- M&S has finally restored its click and collection service
- The cyber incident was revealed in April 2025
- Online orders for delivery were restored in June
Marks and Spencer (M&S) have finally restarted the click and collect orders for clothing, home products and beauty after a suspension of almost four months after an apparent important cyberattack.
Although the company had resumed online orders for delivery on June 10 after revealing the details of a cyber incident on April 22 (and stopped deliveries and collections of April 25), it took another 15 weeks to change its click and collect services.
Previously, the cyber incident was expected to cost the company around £ 300 million in lost operational profits for this fiscal year, but M&S hopes to reduce the impact through insurance and cost controls.
M & s click and collect online
However, although the restoration of click and collect signals “return to normal” for customers, analysts do not expect a sudden resurgence as M&S continues to fight with reputation damage.
Although the British retail giant received great success, the industry did not, and rivals as Sainsburys and then could obtain some of the lost businesses.

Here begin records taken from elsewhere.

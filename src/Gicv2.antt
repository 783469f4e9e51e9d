-- ===== src/Gicv2.antt =====
-- The interrupt controller of src/dev/gicv2.c: its state, the priority scan, acknowledgement and
-- the output line. Per-line arrays have 64 entries; every access below is guarded by that bound
-- as in the source. The register windows are in Gicv2/Bus.antt.
pub mod Bus
pub mod Scan
pub mod Banks
pub mod Invariant
pub mod Run
pub mod Registers
pub mod Acknowledge
pub mod Running
mod Examples
use oemu.Common.{
  ℕ, zero, suc, ◌+◌, ◌-◌, ◌*◌, ◌/◌, ◌%◌, min, bit_and, bit_or, Bool, true, false, ◌&&◌, ◌||◌,
  Option, none, some, Bank, update, ltb, leb, ◌==◌, ◌!=◌, if◌then◌else◌,
}
use oemu.Common.Word.{◌<<<◌, u32}

-- OEMU_GICV2_LINES
abbrev pub max_lines : ℕ
max_lines = 64

-- OEMU_GICV2_SPURIOUS
abbrev pub spurious : ℕ
spurious = 1023

-- `oemu_gicv2`, without the two tables of callbacks.
pub record Gicv2 : Type 0 where
  pub ctl : ℕ
  pub typer : ℕ
  pub iidr : ℕ
  pub cpu_ctl : ℕ
  pub cpu_pmr : ℕ
  pub cpu_bpr : ℕ
  pub running_pri : ℕ
  pub ccpner : ℕ
  pub enable : Bank
  pub pending : Bank
  pub active : Bank
  pub config : Bank
  pub group : Bank
  pub priority : Bank
  pub target : Bank
  pub sgir : ℕ

unfoldable pub lines_of : Gicv2 → ℕ
lines_of gic = (bit_and gic.typer 0x1f + 1) * 32

-- The loop of `gic_running_priority` at line `i`, with `left` lines to go.
unfoldable pub lowest_active : Bank → Bank → ℕ → ℕ → ℕ → ℕ
lowest_active active priority zero i best = best
lowest_active active priority (suc left) i best =
    lowest_active active priority left (i + 1)
      (if active i != 0 && ltb (priority i) best then priority i else best)

unfoldable pub running_priority : Gicv2 → ℕ
running_priority gic = lowest_active gic.active gic.priority max_lines 0 256

module _ (enable pending active priority target : Bank) (pmr : ℕ) where
  -- The body of the scan's loop, from the best line so far and its priority.
  pub consider : ℕ → ℕ × ℕ → ℕ × ℕ
  consider i (best, best_pri) =
      if enable i == 0 || pending i == 0 || active i != 0 || bit_and (target i) 1 == 0
      then (best, best_pri)
      else if leb pmr (priority i) || leb best_pri (priority i)
      then (best, best_pri)
      else (i, priority i)

  pub scan_from : ℕ → ℕ → ℕ × ℕ → ℕ × ℕ
  scan_from zero i s = s
  scan_from (suc left) i s = scan_from left (i + 1) (consider i s)

  -- `oemu_gicv2_internal_scan`; the loop runs while `i < lines` and `i < 64`.
  pub scan : ℕ → ℕ → ℕ
  scan running_pri lines = (scan_from (min lines max_lines) 0 (spurious, running_pri)).0

-- The scan as both of its callers make it.
pub highest_pending : Gicv2 → ℕ
highest_pending gic =
    scan gic.enable gic.pending gic.active gic.priority gic.target (bit_and gic.cpu_pmr 0xff)
      (running_priority gic) (lines_of gic)

-- What `gic_acknowledge` records for line `id`.
pub mark_active : Gicv2 → ℕ → Gicv2
mark_active gic id =
    let marked : Gicv2 = record gic {
      active = update gic.active id 1;
      pending = update gic.pending id 0;
    } in
    record marked { running_pri = running_priority marked }

pub acknowledge : Gicv2 → ℕ × Gicv2
acknowledge gic =
    let id = highest_pending gic in
    if id == spurious then (spurious, gic) else (id, mark_active gic id)

-- The state after `memset` and the reset values of `oemu_gicv2_init`.
unfoldable pub reset_state : ℕ → Gicv2
reset_state lines = record {
  ctl = 0;
  typer = bit_or (16 <<< 16) (u32 (lines / 32 - 1));
  iidr = 0;
  cpu_ctl = 0;
  cpu_pmr = 0;
  cpu_bpr = 0;
  running_pri = 0;
  ccpner = 0;
  enable = λ i. 0;
  pending = λ i. 0;
  active = λ i. 0;
  config = λ i. 0;
  group = λ i. 0;
  priority = λ i. 0x80;
  target = λ i. 1;
  sgir = 0;
}

-- `oemu_gicv2_init`; `none` is the failed OEMU_REQUIRE.
pub init : ℕ → Option Gicv2
init lines =
    if lines % 32 == 0 && leb 32 lines && leb lines max_lines
    then some (reset_state lines)
    else none

-- `oemu_gicv2_irq_level`
pub irq_level : Gicv2 → ℕ
irq_level gic =
    if bit_and gic.ctl 1 == 0 || bit_and gic.cpu_ctl 1 == 0
    then 0
    else if highest_pending gic != spurious
    then 1
    else 0

pub nr_lines : Gicv2 → ℕ
nr_lines gic = lines_of gic

unfoldable pub set_pending : Gicv2 → ℕ → Bool → Gicv2
set_pending gic intid level =
    if leb max_lines intid
    then gic
    else record gic { pending = update gic.pending intid (if level then 1 else 0) }
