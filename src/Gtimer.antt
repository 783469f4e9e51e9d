-- ===== src/Gtimer.antt =====
-- src/dev/gtimer.c: the expiry test of the generic timer.
mod Examples
use oemu.Common.{
  ℕ, ◌+◌, ◌-◌, ◌*◌, ◌/◌, ◌%◌, ◌^◌, ◌≤◌, ◌<◌, bit_and, ◌≡◌, Bool, true, false, not, ◌&&◌, ltb, leb,
  ◌==◌, ◌!=◌, if◌then◌else◌, arith,
}
use oemu.Common.Word.{u64}

abbrev pub ctl_enable : ℕ
ctl_enable = 0x1

abbrev pub ctl_imask : ℕ
ctl_imask = 0x2

-- `oemu_gtimer_pending`; the cast to int64_t asks for the sign bit.
unfoldable pub pending : ℕ → ℕ → ℕ → ℕ
pending counter ctl cval =
    if bit_and ctl ctl_enable == 0
    then 0
    else if bit_and ctl ctl_imask != 0
    then 0
    else if ltb (u64 (counter + 2 ^ 64 - cval)) (2 ^ 63)
    then 1
    else 0

-- A comparator set `ahead` ticks ahead, at most 2^63, of a counter of any value, read `passed`
-- ticks later, with both words wrapped to 64 bits: for 2^63 ticks from its expiry it fires exactly
-- where it is enabled and not masked, and before its expiry never.
pending-ahead :
    (start ahead passed ctl : ℕ)
    → ahead ≤ 2 ^ 63
    → passed < ahead + 2 ^ 63
    → pending (u64 (start + passed)) ctl (u64 (start + ahead)) ≡ (
        if leb ahead passed && bit_and ctl ctl_enable != 0 && bit_and ctl ctl_imask == 0
        then 1
        else 0)
unfolding pending
pending-ahead start ahead passed ctl near recent = ground arith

The M&S CEO, Stuart Machin, had previously declared that the effects of the incident could continue in June and July, pointing out a restoration in August, and the company has been able to comply with that.
Detailing his learning in Parliament, M&S has urged the strongest cyber dissemination standards. The lawyer also pointed out that companies should operate manually during interruptions.
The National Crime Agency of the United Kingdom arrested four people in an investigation linked to attacks against M&S, Cooper and Harrods, however, the true cause of the incident remains uncertain.
The attacks against Marks and Spencer (M&S) and the cooperative supermarket were combined in a single incident by the same attacker by the Cybernetic Monitoring Center (CMC), a non -profit independent organism established to classify the main cybernetic events by the insurance industry.
It had been reported that the group known as Sptered Spider was behind the terrible experience, but TCS, which has been attending M&S for more than a decade, is also investigating whether the trampoline was the attack.